(Dataset entries)
※ ※ ※

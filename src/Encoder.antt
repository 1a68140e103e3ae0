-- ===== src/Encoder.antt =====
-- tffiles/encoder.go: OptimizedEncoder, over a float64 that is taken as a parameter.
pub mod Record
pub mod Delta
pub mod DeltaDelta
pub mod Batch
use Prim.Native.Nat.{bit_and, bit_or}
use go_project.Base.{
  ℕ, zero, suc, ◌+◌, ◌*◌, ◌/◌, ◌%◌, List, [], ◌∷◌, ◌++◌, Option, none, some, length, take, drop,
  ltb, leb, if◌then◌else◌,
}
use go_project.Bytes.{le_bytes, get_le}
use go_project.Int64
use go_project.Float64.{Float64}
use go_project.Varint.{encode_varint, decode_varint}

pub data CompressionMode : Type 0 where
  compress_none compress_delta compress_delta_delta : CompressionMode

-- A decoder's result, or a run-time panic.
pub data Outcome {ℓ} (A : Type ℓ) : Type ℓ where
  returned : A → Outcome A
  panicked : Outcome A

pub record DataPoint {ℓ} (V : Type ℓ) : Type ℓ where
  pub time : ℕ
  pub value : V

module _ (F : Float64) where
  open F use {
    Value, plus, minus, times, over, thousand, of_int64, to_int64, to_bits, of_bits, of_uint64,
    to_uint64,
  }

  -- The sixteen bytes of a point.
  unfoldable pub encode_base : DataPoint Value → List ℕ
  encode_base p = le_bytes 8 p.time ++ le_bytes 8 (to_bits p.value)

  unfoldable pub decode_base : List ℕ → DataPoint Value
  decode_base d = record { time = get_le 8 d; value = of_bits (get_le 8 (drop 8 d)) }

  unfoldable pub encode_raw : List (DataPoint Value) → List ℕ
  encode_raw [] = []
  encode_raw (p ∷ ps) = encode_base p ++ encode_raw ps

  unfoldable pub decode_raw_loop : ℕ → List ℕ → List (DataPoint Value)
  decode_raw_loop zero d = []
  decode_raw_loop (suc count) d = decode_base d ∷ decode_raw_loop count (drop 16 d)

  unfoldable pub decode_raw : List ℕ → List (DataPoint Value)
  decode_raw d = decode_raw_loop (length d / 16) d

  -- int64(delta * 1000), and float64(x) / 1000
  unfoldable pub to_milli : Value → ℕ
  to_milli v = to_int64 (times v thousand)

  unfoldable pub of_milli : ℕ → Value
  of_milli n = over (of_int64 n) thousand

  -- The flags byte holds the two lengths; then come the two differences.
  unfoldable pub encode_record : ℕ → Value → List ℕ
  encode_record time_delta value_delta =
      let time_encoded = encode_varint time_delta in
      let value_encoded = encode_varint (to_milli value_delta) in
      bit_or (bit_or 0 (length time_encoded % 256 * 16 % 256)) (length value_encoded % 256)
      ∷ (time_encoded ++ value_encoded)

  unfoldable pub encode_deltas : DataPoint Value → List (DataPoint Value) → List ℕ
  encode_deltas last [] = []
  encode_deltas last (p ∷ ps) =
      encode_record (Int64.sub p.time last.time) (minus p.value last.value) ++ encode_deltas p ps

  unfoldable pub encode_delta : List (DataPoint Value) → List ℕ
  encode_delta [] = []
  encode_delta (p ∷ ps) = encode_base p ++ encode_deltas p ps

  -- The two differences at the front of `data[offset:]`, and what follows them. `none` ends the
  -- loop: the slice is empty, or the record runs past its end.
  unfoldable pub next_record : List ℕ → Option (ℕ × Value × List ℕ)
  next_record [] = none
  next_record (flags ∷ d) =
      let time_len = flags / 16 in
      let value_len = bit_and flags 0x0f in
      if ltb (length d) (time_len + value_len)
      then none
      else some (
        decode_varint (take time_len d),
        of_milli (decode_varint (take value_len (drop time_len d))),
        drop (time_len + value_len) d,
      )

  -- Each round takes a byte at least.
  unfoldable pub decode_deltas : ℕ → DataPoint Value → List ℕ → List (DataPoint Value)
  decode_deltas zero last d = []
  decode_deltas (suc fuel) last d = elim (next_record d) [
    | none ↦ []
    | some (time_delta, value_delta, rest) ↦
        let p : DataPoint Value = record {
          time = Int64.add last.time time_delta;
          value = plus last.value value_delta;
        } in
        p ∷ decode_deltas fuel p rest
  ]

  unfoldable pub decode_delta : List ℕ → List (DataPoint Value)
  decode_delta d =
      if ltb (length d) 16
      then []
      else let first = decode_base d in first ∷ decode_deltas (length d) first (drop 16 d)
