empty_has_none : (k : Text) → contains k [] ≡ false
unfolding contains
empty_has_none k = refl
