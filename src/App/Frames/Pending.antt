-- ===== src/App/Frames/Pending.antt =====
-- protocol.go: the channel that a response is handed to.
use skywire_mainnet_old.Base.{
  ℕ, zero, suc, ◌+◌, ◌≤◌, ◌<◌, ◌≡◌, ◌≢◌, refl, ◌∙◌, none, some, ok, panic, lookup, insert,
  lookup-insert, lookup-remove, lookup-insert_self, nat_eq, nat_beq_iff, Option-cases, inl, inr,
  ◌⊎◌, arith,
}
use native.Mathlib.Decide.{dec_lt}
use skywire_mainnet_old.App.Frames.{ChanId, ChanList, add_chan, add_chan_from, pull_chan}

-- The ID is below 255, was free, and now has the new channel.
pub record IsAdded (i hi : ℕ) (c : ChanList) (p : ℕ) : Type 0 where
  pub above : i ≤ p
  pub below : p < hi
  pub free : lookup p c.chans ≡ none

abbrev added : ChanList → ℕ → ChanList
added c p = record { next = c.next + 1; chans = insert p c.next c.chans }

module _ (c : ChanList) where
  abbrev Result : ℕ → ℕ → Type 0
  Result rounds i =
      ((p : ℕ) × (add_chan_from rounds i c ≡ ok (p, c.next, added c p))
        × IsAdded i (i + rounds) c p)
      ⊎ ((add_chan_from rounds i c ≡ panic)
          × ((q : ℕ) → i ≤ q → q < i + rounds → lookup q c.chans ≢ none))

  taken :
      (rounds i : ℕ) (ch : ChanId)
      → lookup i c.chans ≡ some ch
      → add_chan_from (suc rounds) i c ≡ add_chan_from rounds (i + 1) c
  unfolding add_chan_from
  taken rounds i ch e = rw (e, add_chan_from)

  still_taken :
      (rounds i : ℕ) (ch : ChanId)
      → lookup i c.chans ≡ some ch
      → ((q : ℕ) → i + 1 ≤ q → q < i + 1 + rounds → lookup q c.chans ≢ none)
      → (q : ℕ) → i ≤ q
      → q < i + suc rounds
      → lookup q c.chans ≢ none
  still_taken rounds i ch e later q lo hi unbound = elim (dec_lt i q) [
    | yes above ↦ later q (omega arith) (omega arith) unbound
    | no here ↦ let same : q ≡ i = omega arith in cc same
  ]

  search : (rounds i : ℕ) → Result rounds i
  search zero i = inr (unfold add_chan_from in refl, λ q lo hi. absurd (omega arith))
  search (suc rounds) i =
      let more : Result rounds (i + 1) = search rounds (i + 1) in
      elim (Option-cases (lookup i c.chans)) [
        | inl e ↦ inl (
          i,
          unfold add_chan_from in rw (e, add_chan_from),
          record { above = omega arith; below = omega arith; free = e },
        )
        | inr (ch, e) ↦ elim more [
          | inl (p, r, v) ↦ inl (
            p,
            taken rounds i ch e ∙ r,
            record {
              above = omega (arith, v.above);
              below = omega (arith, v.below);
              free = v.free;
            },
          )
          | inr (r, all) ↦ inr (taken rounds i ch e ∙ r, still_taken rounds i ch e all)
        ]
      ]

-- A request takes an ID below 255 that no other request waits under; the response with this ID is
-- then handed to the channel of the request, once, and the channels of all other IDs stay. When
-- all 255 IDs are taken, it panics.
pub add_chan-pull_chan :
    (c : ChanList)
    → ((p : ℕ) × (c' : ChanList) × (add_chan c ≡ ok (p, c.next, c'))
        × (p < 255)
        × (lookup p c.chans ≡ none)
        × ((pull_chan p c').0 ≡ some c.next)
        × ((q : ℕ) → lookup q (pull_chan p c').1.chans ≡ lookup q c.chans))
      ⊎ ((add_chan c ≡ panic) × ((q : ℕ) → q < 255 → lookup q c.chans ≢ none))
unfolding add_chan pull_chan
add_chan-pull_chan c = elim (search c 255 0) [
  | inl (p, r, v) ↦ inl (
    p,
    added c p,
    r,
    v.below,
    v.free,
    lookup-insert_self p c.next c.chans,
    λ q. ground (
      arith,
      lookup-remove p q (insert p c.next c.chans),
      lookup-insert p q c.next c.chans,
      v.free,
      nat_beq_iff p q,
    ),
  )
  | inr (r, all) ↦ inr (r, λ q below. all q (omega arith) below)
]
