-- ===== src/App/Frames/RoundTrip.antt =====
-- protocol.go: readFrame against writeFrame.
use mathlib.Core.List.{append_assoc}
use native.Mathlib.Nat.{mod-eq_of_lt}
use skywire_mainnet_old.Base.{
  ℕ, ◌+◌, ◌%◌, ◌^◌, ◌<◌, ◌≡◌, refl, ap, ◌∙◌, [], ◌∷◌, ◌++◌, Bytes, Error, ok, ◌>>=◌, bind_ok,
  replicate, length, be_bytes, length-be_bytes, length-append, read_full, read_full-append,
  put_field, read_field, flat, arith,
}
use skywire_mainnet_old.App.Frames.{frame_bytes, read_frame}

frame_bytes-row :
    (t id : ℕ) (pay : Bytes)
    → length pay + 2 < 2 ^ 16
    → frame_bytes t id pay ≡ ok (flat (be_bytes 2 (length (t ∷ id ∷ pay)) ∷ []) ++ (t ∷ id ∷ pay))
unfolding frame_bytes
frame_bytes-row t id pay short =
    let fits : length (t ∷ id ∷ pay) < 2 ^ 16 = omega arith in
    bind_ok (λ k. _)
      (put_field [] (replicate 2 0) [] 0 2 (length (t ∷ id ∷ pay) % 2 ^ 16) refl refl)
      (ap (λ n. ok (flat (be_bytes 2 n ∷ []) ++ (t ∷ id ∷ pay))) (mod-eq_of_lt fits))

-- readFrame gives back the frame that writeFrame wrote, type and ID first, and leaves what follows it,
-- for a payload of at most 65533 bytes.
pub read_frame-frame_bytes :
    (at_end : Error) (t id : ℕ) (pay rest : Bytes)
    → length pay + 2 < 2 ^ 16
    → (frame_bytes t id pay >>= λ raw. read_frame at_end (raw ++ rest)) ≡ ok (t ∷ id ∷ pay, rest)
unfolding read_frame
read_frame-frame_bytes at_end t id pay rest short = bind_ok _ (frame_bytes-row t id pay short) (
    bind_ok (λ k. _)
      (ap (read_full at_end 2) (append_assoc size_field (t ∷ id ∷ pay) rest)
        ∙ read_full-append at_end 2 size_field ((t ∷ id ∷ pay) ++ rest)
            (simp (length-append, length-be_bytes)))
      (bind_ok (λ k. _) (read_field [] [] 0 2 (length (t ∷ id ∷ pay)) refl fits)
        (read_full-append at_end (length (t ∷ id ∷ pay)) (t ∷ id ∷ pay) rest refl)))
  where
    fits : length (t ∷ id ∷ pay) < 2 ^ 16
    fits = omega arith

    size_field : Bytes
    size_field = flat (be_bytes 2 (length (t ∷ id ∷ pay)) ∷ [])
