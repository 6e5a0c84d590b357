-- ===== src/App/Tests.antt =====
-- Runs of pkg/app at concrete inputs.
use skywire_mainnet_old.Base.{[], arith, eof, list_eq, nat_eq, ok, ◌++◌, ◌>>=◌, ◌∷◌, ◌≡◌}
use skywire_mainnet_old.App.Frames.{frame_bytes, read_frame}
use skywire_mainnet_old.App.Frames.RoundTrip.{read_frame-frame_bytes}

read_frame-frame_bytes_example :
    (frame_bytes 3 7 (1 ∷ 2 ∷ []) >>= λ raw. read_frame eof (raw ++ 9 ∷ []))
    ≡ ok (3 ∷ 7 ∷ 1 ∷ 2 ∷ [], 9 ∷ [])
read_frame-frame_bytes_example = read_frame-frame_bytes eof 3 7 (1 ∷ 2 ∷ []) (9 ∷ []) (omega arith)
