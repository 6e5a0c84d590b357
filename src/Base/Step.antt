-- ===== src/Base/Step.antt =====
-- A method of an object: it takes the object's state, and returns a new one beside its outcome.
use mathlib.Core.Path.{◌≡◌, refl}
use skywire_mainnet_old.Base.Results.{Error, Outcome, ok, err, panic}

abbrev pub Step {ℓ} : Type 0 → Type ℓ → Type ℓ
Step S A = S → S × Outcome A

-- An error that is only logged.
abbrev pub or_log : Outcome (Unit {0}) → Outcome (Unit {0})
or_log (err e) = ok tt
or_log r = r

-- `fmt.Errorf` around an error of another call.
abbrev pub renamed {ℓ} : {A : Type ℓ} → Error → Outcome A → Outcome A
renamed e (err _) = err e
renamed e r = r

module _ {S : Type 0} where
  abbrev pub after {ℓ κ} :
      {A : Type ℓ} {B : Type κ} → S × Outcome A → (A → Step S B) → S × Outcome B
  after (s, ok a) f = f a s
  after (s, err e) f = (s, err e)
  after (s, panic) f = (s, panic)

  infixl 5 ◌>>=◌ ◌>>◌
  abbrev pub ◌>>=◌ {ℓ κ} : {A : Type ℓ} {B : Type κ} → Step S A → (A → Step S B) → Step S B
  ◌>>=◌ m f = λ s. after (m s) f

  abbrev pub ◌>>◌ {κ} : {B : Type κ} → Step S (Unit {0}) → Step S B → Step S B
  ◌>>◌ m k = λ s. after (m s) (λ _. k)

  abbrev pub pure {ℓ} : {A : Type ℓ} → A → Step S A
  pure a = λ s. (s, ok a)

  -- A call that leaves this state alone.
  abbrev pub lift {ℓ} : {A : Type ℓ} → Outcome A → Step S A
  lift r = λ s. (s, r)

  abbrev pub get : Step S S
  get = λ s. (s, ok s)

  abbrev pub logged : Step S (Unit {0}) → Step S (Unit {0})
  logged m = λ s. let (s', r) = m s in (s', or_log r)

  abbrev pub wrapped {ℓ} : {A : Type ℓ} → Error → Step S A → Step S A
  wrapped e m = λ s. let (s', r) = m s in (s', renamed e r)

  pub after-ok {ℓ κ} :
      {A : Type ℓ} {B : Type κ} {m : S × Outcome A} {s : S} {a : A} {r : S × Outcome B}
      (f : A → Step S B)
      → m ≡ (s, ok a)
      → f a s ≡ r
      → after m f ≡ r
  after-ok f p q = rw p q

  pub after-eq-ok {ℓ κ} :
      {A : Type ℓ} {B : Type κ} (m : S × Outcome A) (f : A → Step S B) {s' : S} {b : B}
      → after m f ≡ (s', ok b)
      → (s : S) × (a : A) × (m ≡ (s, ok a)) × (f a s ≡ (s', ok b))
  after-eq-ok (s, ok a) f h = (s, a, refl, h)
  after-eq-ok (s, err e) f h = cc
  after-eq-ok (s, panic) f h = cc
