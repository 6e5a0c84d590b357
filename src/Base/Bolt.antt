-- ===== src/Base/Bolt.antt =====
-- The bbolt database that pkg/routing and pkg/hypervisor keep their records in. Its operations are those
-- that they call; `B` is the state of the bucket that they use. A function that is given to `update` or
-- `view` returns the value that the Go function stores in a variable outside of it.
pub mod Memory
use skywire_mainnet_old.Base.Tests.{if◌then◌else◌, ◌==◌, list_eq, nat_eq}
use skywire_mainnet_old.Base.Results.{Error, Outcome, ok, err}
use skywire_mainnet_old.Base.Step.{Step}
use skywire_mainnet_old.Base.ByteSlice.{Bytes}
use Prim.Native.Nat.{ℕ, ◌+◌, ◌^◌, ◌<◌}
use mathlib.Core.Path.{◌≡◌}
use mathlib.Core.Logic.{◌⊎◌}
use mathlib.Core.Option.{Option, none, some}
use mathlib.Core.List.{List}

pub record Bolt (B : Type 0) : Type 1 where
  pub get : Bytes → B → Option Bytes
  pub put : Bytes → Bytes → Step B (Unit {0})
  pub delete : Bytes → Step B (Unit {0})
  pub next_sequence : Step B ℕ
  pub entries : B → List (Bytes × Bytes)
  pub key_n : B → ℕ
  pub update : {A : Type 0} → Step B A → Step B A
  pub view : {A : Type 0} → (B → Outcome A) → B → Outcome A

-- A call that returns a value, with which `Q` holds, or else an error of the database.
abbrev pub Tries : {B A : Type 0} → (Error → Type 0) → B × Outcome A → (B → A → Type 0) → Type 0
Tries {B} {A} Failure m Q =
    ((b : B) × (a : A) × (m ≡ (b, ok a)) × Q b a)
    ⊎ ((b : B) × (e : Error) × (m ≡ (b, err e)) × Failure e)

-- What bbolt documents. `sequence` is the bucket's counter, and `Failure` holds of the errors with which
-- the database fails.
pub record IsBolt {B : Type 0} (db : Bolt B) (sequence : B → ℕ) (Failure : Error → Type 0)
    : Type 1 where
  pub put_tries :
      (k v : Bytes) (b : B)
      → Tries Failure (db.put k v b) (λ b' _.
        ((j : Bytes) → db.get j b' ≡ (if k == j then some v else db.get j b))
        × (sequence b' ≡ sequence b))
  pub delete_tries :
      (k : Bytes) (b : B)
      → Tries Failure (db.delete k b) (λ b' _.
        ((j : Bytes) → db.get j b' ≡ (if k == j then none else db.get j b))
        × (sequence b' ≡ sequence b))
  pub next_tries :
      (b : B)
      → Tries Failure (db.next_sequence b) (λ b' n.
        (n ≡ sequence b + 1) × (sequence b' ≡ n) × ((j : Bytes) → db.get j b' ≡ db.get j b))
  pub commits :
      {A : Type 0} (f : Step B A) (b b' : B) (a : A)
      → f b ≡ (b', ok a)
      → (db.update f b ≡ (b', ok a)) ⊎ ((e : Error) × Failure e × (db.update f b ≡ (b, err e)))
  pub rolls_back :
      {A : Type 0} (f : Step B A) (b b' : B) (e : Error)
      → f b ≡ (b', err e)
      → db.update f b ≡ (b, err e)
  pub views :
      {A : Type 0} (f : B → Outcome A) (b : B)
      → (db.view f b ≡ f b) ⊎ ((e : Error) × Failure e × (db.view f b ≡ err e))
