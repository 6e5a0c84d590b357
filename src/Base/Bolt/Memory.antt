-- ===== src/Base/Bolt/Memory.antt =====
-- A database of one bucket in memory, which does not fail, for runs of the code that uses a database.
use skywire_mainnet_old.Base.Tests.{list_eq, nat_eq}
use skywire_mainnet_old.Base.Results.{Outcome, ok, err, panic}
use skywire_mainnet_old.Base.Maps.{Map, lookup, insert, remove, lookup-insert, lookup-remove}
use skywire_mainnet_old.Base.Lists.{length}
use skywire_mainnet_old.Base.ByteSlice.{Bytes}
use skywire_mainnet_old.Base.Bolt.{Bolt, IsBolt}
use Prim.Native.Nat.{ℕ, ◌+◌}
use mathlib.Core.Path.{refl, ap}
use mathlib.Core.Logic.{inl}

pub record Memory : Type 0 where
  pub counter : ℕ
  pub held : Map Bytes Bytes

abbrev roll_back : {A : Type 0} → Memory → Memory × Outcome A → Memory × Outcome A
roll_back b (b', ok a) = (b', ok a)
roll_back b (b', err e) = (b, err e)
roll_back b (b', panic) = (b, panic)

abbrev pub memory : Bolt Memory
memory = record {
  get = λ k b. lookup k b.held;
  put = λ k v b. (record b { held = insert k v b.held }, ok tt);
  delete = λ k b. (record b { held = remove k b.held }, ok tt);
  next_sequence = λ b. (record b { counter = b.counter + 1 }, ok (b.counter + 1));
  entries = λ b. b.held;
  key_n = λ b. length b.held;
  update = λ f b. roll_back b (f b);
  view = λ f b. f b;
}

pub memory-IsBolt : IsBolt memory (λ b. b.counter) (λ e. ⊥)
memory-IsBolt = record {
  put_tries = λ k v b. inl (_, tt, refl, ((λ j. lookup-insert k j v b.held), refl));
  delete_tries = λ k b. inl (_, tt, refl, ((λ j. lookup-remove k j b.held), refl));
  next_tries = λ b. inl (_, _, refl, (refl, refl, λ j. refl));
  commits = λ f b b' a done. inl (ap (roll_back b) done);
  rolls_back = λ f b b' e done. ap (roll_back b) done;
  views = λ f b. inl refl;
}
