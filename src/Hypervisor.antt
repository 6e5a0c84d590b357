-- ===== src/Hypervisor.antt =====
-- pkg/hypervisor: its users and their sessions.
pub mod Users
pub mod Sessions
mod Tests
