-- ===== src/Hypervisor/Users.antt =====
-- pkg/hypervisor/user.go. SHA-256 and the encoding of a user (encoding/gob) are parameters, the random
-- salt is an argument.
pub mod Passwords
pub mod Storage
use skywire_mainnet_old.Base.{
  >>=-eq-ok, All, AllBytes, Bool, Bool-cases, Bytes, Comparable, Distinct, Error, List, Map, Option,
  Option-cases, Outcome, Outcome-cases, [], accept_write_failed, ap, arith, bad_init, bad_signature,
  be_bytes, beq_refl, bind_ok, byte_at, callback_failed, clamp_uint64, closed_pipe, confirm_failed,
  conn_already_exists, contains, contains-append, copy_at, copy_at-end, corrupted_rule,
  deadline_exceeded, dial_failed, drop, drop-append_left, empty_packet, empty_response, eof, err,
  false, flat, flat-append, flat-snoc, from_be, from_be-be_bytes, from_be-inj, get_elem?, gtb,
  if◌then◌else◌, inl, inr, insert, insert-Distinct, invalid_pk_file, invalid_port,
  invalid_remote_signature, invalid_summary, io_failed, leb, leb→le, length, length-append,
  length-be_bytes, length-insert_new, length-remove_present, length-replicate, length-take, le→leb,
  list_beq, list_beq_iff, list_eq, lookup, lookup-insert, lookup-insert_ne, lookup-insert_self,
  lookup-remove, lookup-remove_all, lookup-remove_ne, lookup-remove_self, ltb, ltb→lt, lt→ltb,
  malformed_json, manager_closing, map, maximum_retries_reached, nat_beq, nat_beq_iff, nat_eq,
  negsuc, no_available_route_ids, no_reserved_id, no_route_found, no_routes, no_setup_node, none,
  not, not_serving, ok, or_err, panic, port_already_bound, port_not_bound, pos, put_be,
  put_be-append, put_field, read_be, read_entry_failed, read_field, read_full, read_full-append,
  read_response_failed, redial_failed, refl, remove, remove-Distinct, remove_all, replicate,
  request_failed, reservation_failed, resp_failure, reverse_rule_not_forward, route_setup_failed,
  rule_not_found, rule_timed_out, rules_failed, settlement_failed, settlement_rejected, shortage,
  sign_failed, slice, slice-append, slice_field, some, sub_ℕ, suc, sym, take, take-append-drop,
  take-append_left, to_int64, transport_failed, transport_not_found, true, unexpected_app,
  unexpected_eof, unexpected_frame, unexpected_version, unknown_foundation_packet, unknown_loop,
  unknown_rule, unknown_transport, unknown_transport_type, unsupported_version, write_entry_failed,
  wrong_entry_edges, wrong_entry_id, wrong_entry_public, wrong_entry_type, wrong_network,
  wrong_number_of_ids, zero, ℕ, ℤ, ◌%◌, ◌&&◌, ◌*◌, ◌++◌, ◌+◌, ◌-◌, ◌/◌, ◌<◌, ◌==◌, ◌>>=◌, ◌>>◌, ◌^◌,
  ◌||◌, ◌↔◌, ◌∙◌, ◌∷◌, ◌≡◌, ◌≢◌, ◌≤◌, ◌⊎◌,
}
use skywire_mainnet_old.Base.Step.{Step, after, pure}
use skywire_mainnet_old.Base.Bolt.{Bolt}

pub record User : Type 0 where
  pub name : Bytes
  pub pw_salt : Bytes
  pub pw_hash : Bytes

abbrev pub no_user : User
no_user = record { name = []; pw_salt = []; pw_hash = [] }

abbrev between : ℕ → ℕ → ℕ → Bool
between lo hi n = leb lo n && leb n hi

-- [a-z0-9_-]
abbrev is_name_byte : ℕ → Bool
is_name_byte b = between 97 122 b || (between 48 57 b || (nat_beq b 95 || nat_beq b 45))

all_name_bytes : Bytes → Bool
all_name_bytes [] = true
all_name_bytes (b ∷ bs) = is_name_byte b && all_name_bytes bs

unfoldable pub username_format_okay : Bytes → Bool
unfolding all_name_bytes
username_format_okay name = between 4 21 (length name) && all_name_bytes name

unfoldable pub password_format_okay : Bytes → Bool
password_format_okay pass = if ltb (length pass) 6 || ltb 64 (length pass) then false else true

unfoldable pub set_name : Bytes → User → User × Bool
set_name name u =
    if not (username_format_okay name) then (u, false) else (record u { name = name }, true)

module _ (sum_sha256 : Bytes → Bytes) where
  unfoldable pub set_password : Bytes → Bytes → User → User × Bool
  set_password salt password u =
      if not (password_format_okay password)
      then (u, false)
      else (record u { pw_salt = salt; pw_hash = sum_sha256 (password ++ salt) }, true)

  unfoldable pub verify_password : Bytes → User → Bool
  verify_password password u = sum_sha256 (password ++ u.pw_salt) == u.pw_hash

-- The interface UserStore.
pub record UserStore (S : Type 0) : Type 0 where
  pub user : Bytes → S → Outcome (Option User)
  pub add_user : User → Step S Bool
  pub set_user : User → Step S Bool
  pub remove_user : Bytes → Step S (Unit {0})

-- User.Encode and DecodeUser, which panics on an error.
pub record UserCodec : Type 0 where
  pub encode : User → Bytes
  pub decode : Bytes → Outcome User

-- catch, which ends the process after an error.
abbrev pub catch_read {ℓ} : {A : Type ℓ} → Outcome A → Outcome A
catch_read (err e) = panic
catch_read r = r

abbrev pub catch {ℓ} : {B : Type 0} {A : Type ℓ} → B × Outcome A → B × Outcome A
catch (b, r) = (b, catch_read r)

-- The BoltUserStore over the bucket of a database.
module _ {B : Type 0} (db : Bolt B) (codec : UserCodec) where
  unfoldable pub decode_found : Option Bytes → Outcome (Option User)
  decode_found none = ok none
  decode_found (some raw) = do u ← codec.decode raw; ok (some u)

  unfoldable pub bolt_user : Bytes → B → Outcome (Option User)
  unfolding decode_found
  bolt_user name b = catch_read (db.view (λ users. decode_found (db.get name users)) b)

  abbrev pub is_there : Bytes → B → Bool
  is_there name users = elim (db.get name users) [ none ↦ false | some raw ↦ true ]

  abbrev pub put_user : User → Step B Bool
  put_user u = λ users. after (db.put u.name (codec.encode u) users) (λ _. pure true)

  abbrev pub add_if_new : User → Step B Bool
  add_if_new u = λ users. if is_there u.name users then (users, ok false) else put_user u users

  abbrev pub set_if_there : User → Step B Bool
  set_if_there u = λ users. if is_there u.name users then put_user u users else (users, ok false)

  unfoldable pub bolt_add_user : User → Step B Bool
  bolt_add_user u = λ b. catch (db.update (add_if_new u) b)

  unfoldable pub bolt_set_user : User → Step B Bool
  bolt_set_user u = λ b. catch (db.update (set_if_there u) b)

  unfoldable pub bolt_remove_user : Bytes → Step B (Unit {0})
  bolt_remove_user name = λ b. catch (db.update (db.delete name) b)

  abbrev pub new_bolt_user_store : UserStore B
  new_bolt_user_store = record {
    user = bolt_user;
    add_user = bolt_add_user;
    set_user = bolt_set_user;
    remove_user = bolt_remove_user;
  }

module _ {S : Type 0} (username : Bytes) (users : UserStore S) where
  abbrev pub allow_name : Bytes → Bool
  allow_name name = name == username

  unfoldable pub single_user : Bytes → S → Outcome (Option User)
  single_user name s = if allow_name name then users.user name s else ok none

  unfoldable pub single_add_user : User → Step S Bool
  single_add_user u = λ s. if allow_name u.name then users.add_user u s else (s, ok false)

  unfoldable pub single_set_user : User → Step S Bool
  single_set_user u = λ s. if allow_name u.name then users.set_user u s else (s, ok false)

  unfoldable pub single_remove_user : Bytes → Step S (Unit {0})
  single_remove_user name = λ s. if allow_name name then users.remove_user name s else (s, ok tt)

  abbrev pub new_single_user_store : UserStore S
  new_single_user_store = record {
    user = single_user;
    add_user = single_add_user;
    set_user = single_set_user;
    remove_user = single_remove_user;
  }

※ ※ ※

TASK REQUIREMENTS:
Taking the records above, retype every line from the one with "user = bolt_user;" down to the one with "add_user = single_add_user;", exactly and with nothing else.

TASK SOLUTION:
    user = bolt_user;
    add_user = bolt_add_user;
    set_user = bolt_set_user;
    remove_user = bolt_remove_user;
  }

module _ {S : Type 0} (username : Bytes) (users : UserStore S) where
  abbrev pub allow_name : Bytes → Bool
  allow_name name = name == username

  unfoldable pub single_user : Bytes → S → Outcome (Option User)
  single_user name s = if allow_name name then users.user name s else ok none

  unfoldable pub single_add_user : User → Step S Bool
  single_add_user u = λ s. if allow_name u.name then users.add_user u s else (s, ok false)

  unfoldable pub single_set_user : User → Step S Bool
  single_set_user u = λ s. if allow_name u.name then users.set_user u s else (s, ok false)

  unfoldable pub single_remove_user : Bytes → Step S (Unit {0})
  single_remove_user name = λ s. if allow_name name then users.remove_user name s else (s, ok tt)

  abbrev pub new_single_user_store : UserStore S
  new_single_user_store = record {
    user = single_user;
    add_user = single_add_user;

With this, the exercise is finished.